Fiber laser to achieve mid-infrared laser output, the first step is to select the appropriate fiber matrix material. In near-infrared fiber lasers, quartz glass matrix is the most common fiber matrix material with very low transmission loss, reliable mechanical strength and excellent stability. However, because of the high phonon energy (1150 cm-1), quartz fiber can not be used for mid-infrared laser transmission. In order to achieve low loss transmission of mid-infrared laser, we need to re-select other fiber matrix materials with lower phonon energy, such as sulfide glass matrix or fluoride glass matrix. Sulfide fiber has the lowest phonon energy (about 350 cm-1), but it has the problem that the doping concentration cannot be increased, so it is not suitable for use as a gain fiber to generate mid-infrared laser. Although the fluoride glass substrate has a slightly higher phonon energy (550 cm-1) than the sulfide glass substrate, it can also achieve low-loss transmission for mid-infrared lasers with wavelengths less than 4 μm. More importantly, the fluoride glass substrate can achieve a high rare earth ion doping concentration, which can provide the gain required for mid-infrared laser generation, for example, the most mature fluoride ZBLAN fiber for Er3+ has been able to achieve a doping concentration of up to 10 mol. Therefore, fluoride glass matrix is the most suitable fiber matrix material for mid-infrared fiber lasers.

Recently, the team of Professor Ruan Shuangchen and Professor Guo Chunyu at Shenzhen University developed a high-power femtosecond pulse fiber laser composed of 2.8μm mode-locked Er:ZBLAN fiber oscillator, single-mode Er:ZBLAN fiber preamplifier and large-mode field Er:ZBLAN fiber main amplifier.

Based on the self-compression and amplification theory of mid-infrared ultra-short pulse controlled by polarization state and numerical simulation work of our research group, combined with nonlinear suppression and mode control methods of large-mode optical fiber, active cooling technology and amplification structure of double-ended pump, the system obtains 2.8μm ultra-short pulse output with an average power of 8.12W and a pulse width of 148 fs. The international record of the highest average power achieved by this research group was further refreshed.

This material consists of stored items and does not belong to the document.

-- ===== src/Coding/RoundTrip/Base.antt =====
-- What it means to give a word back, and the inversion of a table lookup.
use mips.Prelude.{
  ◌or_else◌, ◌or_try◌, refl, when, ℕ, ◌≡◌, refl, inl, inr, arith, String, Option, some, none,
  lookup, Option-cases, ◌==◌,
}
use mips.Isa.{Instruction, ok, u16}
use mips.Coding.Tables.{OpcodeTable}
use mips.Coding.Target.{SymbolTable}
use mips.Coding.Decode.{when_numbered, Fields}
use mips.Coding.Encode.{encode}
use mips.Coding.RoundTrip.Layout.{FieldsOf}

pub when_numbered-eq-some :
    (m : OpcodeTable) (number : ℕ) (make : String → Option Instruction) {i : Instruction}
    → when_numbered m number make ≡ some i
    → (name : String) × (lookup number m ≡ some name) × (make name ≡ some i)
unfolding when_numbered
when_numbered-eq-some m number make h = elim (Option-cases (lookup number m)) [
  | inl absent ↦ absurd (ground arith)
  | inr (name, found) ↦ (name, found, ground arith)
]

pub when-eq-some :
    (x : ℕ) (j : Instruction) {i : Instruction} → when (x == 0) j ≡ some i → (x ≡ 0) × (j ≡ i)
when-eq-some x j h = ground arith

-- The address and the symbols do not matter but to a jump.
abbrev pub GivesBack : ℕ → SymbolTable → ℕ → Instruction → Type 0
GivesBack inst_addr symbols w i = encode i inst_addr symbols ≡ ok w

pub same_half : {w : ℕ} {f : Fields} → FieldsOf w f → u16 f.immediate ≡ f.immediate
same_half of = omega arith

-- A property of every block's result is a property of the chain's result.
module _ {ℓ} (P : Instruction → Type ℓ) where
  pub or_else-all :
      (o : Option Instruction) (y : Instruction)
      → ((i : Instruction) → o ≡ some i → P i)
      → P y
      → P (o or_else y)
  or_else-all none y h p = p
  or_else-all (some x) y h p = h x refl

  pub or_try-all :
      (o q : Option Instruction)
      → ((i : Instruction) → o ≡ some i → P i)
      → ((i : Instruction) → q ≡ some i → P i)
      → (i : Instruction) → o or_try q ≡ some i
      → P i
  or_try-all none q h p i e = p i e
  or_try-all (some x) q h p i e = h i e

Figure 1 Structure diagram of Er:ZBLAN fiber laser based on MOPA structure
The structure of the femtosecond laser system is shown in Figure 1. The single-mode double-clad Er:ZBLAN fiber of 3.1 m length was used as the gain fiber in the preamplifier with a doping concentration of 7 mol.% and a core diameter of 15 μm (NA = 0.12). In the main amplifier, a double clad large mode field Er:ZBLAN fiber with a length of 4 m was used as the gain fiber with a doping concentration of 6 mol.% and a core diameter of 30 μm (NA = 0.12). The larger core diameter makes the gain fiber have lower nonlinear coefficient and can withstand higher peak power and pulse output of larger pulse energy. Both ends of the gain fiber are fused to the AlF3 terminal cap.